*** Opening of INFORMATION SUPPLIED ***
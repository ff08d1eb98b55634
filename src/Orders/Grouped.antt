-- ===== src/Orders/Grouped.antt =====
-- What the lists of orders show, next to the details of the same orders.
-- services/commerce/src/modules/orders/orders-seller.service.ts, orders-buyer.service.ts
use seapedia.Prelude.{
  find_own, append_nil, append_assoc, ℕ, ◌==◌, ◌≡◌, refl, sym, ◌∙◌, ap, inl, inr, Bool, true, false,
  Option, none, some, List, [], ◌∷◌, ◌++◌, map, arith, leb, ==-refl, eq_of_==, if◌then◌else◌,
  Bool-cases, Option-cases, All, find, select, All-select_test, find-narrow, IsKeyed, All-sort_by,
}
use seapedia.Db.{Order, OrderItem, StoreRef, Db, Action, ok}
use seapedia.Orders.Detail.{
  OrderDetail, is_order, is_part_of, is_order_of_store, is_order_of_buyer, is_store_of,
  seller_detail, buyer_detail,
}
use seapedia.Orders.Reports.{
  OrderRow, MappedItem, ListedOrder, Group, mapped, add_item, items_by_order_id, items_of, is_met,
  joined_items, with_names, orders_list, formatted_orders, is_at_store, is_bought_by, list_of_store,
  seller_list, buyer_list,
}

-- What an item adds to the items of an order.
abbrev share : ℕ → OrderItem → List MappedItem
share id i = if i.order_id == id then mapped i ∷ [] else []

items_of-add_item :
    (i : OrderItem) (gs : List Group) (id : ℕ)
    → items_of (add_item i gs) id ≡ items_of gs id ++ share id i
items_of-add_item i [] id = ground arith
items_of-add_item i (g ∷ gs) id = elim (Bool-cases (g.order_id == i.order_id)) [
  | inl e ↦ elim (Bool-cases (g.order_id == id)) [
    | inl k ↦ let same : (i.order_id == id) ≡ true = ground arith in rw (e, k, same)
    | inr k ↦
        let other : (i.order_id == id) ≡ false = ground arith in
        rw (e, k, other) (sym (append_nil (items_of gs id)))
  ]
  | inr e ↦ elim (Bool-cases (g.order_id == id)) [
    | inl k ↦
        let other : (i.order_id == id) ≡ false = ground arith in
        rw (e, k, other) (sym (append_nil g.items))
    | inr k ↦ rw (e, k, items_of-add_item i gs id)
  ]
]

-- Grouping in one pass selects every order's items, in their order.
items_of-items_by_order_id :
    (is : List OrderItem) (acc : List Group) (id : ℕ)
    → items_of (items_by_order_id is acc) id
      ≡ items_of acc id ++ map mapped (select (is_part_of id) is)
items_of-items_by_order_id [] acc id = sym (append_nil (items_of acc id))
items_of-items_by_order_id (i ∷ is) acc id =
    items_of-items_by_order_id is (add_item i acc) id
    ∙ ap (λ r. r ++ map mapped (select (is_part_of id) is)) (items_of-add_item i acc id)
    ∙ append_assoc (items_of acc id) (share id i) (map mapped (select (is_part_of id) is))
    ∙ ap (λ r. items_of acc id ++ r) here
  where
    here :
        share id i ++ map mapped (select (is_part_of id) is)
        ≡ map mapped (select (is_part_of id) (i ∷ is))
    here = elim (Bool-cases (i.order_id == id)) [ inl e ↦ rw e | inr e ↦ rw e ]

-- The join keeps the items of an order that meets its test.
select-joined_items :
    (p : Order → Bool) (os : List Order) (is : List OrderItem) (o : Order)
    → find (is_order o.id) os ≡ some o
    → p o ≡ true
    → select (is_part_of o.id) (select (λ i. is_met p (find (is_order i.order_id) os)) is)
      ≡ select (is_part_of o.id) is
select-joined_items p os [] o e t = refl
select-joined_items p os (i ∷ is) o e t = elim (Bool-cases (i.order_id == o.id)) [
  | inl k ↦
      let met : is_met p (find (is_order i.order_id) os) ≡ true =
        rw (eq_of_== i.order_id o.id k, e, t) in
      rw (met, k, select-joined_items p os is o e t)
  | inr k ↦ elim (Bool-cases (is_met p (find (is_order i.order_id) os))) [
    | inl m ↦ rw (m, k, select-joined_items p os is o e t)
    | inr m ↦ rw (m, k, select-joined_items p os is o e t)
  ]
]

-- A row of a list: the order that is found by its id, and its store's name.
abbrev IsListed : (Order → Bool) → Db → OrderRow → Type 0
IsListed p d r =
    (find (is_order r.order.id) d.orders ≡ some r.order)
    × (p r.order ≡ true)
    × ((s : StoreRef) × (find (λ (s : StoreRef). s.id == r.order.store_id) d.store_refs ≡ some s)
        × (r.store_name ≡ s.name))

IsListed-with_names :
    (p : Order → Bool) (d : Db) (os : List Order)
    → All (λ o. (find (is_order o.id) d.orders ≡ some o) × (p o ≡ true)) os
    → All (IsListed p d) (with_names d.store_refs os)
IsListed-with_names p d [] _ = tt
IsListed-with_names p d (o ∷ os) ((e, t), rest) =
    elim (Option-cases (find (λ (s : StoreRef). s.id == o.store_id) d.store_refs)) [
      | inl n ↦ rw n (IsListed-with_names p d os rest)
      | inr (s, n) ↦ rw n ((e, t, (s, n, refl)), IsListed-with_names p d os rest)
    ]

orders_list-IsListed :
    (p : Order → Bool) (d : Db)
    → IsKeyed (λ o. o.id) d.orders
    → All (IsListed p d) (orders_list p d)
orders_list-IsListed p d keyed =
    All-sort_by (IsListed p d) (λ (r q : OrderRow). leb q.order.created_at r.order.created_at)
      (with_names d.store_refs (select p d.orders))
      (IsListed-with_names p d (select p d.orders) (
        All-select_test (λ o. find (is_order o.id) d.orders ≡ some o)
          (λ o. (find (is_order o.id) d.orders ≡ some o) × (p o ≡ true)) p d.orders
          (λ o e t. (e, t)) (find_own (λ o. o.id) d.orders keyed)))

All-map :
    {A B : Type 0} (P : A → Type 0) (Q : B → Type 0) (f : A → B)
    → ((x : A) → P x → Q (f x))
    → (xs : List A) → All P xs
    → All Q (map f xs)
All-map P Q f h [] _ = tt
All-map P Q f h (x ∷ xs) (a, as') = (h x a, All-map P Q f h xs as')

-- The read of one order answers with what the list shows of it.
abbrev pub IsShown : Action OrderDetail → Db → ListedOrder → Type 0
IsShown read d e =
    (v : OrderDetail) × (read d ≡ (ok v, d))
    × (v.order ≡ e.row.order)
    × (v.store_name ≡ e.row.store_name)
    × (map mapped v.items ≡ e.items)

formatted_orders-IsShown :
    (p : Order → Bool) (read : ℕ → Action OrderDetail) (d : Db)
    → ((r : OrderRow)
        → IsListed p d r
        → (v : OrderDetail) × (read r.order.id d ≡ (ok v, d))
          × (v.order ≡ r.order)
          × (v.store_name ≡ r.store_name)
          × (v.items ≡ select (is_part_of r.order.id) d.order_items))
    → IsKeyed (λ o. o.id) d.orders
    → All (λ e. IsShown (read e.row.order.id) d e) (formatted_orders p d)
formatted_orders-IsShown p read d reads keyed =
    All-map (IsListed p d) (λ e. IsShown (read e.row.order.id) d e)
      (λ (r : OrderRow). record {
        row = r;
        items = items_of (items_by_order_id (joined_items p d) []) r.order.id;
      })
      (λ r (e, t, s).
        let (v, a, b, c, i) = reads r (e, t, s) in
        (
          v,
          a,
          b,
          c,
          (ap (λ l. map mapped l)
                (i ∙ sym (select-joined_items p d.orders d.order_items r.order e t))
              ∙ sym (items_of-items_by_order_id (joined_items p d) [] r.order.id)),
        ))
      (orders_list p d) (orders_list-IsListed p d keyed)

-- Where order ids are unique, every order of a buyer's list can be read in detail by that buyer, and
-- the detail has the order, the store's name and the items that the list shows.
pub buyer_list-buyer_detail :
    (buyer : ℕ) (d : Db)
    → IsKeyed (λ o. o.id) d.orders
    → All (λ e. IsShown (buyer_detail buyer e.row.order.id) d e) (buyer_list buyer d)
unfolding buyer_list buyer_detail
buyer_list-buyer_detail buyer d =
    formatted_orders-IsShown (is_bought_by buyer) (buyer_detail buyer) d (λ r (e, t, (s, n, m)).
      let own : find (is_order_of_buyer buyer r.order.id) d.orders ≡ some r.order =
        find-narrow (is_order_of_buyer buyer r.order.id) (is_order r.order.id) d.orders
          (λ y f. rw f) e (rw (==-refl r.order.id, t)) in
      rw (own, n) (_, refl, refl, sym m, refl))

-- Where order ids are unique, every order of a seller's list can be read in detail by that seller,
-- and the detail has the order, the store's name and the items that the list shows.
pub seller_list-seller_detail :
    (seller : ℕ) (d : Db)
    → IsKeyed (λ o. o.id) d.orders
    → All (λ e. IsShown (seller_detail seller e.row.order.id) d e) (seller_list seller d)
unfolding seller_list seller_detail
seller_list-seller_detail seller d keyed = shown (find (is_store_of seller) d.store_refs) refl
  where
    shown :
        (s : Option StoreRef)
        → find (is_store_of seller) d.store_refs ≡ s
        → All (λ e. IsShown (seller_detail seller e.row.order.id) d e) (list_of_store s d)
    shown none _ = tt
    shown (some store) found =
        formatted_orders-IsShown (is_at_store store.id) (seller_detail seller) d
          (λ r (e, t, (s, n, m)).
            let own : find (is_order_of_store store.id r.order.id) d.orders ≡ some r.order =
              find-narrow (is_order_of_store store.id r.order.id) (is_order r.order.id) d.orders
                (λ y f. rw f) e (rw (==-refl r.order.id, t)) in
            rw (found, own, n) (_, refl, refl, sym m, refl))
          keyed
*** Close of INFORMATION SUPPLIED ***
## EXERCISE DETAILS:
Set down, exactly as they stand above, the lines starting with the line with "(items_of-add_item i acc id)" and going on through the line with "-- A row of", and no others.

## FINISHED EXERCISE:
    ∙ ap (λ r. r ++ map mapped (select (is_part_of id) is)) (items_of-add_item i acc id)
    ∙ append_assoc (items_of acc id) (share id i) (map mapped (select (is_part_of id) is))
    ∙ ap (λ r. items_of acc id ++ r) here
  where
    here :
        share id i ++ map mapped (select (is_part_of id) is)
        ≡ map mapped (select (is_part_of id) (i ∷ is))
    here = elim (Bool-cases (i.order_id == id)) [ inl e ↦ rw e | inr e ↦ rw e ]

-- The join keeps the items of an order that meets its test.
select-joined_items :
    (p : Order → Bool) (os : List Order) (is : List OrderItem) (o : Order)
    → find (is_order o.id) os ≡ some o
    → p o ≡ true
    → select (is_part_of o.id) (select (λ i. is_met p (find (is_order i.order_id) os)) is)
      ≡ select (is_part_of o.id) is
select-joined_items p os [] o e t = refl
select-joined_items p os (i ∷ is) o e t = elim (Bool-cases (i.order_id == o.id)) [
  | inl k ↦
      let met : is_met p (find (is_order i.order_id) os) ≡ true =
        rw (eq_of_== i.order_id o.id k, e, t) in
      rw (met, k, select-joined_items p os is o e t)
  | inr k ↦ elim (Bool-cases (is_met p (find (is_order i.order_id) os))) [
    | inl m ↦ rw (m, k, select-joined_items p os is o e t)
    | inr m ↦ rw (m, k, select-joined_items p os is o e t)
  ]
]

-- A row of a list: the order that is found by its id, and its store's name.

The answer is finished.